**EXERCISE REQUIREMENTS**
Wherever a line in the material contains the word "absent", copy that line.

**PROVIDED RECORDS**
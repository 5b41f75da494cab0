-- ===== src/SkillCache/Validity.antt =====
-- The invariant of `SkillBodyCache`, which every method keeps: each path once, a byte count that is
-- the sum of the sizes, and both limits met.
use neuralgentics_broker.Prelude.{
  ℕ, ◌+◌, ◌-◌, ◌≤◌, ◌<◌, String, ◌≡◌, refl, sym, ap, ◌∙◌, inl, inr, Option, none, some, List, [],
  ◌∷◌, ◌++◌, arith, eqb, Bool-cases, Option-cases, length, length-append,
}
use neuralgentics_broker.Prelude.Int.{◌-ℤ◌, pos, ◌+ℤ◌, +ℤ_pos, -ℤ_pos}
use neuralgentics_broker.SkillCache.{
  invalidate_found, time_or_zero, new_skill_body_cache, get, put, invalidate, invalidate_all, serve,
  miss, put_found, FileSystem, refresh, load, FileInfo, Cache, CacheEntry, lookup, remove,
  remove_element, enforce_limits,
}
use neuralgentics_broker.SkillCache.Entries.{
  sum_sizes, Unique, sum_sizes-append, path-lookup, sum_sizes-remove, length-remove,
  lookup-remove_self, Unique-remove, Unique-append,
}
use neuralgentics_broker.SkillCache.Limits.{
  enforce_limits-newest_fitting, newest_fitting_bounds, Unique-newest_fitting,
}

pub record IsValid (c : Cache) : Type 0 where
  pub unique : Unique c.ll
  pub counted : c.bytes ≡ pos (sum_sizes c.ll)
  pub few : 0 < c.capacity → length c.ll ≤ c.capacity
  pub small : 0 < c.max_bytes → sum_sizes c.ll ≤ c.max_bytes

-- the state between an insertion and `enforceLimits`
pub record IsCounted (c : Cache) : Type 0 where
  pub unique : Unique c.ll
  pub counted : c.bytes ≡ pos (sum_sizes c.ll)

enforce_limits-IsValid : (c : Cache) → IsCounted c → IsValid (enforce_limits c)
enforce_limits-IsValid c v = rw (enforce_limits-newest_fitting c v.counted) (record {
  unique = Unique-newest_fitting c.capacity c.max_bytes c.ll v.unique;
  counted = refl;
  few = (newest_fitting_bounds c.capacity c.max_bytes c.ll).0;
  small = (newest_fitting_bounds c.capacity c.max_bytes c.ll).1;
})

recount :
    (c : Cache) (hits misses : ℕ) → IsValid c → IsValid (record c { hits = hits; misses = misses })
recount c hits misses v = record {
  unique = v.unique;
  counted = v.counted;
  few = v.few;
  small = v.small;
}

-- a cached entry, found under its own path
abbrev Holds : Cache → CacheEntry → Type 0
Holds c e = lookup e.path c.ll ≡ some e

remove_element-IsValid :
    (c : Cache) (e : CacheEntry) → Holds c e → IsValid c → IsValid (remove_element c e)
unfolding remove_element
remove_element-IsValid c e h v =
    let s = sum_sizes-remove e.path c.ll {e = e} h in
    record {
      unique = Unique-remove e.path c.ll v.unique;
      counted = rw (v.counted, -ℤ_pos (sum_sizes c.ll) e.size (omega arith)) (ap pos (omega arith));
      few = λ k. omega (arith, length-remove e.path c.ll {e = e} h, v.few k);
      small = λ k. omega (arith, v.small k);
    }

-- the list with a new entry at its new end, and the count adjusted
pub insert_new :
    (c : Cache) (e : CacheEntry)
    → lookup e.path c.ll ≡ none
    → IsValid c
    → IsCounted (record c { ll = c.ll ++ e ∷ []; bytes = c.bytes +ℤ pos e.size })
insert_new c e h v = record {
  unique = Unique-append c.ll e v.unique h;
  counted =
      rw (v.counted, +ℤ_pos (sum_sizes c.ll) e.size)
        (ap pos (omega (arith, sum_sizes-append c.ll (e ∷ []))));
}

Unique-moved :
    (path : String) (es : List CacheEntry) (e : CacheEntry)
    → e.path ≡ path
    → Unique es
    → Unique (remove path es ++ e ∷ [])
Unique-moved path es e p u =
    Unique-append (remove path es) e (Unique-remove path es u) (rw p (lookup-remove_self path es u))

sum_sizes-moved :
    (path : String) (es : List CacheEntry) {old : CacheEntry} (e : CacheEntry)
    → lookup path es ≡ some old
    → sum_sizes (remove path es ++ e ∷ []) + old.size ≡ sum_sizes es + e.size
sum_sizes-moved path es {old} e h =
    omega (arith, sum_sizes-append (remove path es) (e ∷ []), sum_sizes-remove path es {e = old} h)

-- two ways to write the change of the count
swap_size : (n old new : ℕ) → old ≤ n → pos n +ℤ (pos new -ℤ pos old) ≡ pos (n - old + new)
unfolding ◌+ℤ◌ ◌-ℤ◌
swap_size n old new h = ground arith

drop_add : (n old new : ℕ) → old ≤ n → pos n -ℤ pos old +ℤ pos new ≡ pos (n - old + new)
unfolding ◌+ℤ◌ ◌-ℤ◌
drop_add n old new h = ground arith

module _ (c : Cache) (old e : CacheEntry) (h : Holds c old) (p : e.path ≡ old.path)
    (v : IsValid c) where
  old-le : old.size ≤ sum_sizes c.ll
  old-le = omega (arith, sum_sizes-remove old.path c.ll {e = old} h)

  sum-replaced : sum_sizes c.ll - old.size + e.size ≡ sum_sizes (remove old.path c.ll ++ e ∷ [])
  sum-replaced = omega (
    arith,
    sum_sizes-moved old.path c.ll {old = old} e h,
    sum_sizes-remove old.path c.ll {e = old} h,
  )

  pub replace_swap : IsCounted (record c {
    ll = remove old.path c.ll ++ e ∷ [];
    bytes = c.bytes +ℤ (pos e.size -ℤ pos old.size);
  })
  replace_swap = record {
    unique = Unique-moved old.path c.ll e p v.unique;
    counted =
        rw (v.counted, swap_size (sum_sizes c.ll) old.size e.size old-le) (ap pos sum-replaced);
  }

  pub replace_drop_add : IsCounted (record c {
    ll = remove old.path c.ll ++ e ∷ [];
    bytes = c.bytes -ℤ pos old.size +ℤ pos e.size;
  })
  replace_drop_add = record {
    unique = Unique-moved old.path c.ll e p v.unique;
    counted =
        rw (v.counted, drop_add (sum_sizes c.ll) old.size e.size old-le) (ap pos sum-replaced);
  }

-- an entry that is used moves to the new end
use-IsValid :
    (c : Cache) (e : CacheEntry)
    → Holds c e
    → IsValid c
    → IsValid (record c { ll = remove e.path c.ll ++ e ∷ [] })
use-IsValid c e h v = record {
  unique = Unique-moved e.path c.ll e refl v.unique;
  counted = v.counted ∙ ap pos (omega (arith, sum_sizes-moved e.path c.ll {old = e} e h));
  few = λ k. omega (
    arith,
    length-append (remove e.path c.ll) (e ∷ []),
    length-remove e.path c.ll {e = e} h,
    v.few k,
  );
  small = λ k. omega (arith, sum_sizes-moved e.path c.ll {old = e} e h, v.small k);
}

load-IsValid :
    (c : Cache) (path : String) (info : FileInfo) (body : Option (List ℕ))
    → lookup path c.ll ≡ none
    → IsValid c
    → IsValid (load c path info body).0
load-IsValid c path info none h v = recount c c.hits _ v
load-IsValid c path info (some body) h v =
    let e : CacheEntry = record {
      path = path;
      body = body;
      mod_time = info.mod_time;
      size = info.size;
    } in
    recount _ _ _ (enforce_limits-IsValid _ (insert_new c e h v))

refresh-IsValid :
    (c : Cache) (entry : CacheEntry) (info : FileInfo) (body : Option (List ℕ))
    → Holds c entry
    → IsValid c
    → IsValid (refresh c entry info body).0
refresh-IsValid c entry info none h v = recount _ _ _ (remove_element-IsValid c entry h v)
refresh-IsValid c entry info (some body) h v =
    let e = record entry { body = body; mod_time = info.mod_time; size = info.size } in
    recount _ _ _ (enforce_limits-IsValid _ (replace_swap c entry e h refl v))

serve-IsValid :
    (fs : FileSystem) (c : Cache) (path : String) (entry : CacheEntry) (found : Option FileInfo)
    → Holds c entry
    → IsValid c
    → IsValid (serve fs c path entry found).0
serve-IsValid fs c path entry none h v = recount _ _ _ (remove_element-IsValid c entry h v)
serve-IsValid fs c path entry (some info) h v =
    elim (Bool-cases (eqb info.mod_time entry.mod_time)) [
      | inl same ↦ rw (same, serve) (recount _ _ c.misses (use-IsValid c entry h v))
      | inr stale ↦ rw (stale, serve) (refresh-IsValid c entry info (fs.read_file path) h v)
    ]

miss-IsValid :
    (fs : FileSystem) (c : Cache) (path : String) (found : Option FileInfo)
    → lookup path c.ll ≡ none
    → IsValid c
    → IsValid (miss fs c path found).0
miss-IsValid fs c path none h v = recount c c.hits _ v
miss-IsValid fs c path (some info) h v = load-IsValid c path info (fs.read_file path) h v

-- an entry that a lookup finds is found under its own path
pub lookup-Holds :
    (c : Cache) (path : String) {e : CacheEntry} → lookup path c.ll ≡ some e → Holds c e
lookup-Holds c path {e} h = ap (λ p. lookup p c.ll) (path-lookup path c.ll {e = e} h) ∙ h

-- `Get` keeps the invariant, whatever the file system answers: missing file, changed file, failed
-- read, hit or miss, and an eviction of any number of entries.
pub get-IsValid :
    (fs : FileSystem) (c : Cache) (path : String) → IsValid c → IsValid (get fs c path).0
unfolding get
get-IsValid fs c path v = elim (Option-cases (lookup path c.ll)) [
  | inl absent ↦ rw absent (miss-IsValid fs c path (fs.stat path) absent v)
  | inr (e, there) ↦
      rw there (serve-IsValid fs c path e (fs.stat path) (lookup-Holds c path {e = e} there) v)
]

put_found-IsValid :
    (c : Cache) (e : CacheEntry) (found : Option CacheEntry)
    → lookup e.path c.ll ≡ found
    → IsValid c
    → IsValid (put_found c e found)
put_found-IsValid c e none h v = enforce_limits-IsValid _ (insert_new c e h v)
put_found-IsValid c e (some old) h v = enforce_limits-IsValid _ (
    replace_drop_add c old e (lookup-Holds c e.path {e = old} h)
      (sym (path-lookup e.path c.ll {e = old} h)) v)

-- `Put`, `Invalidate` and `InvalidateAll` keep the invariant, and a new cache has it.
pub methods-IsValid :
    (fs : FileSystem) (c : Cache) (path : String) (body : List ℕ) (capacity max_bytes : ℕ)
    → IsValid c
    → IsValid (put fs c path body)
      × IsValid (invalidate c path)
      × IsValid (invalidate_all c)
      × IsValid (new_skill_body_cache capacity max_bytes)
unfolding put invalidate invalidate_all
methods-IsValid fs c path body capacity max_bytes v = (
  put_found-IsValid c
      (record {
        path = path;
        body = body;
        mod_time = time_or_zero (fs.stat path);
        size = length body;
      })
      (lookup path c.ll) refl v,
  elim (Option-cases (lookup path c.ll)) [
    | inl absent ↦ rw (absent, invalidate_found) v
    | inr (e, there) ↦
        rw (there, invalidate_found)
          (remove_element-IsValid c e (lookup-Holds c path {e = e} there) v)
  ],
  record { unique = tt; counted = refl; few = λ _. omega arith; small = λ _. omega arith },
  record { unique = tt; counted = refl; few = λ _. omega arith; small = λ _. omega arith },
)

**ANSWER SPACE**
  | inl absent ↦ rw absent (miss-IsValid fs c path (fs.stat path) absent v)
    | inl absent ↦ rw (absent, invalidate_found) v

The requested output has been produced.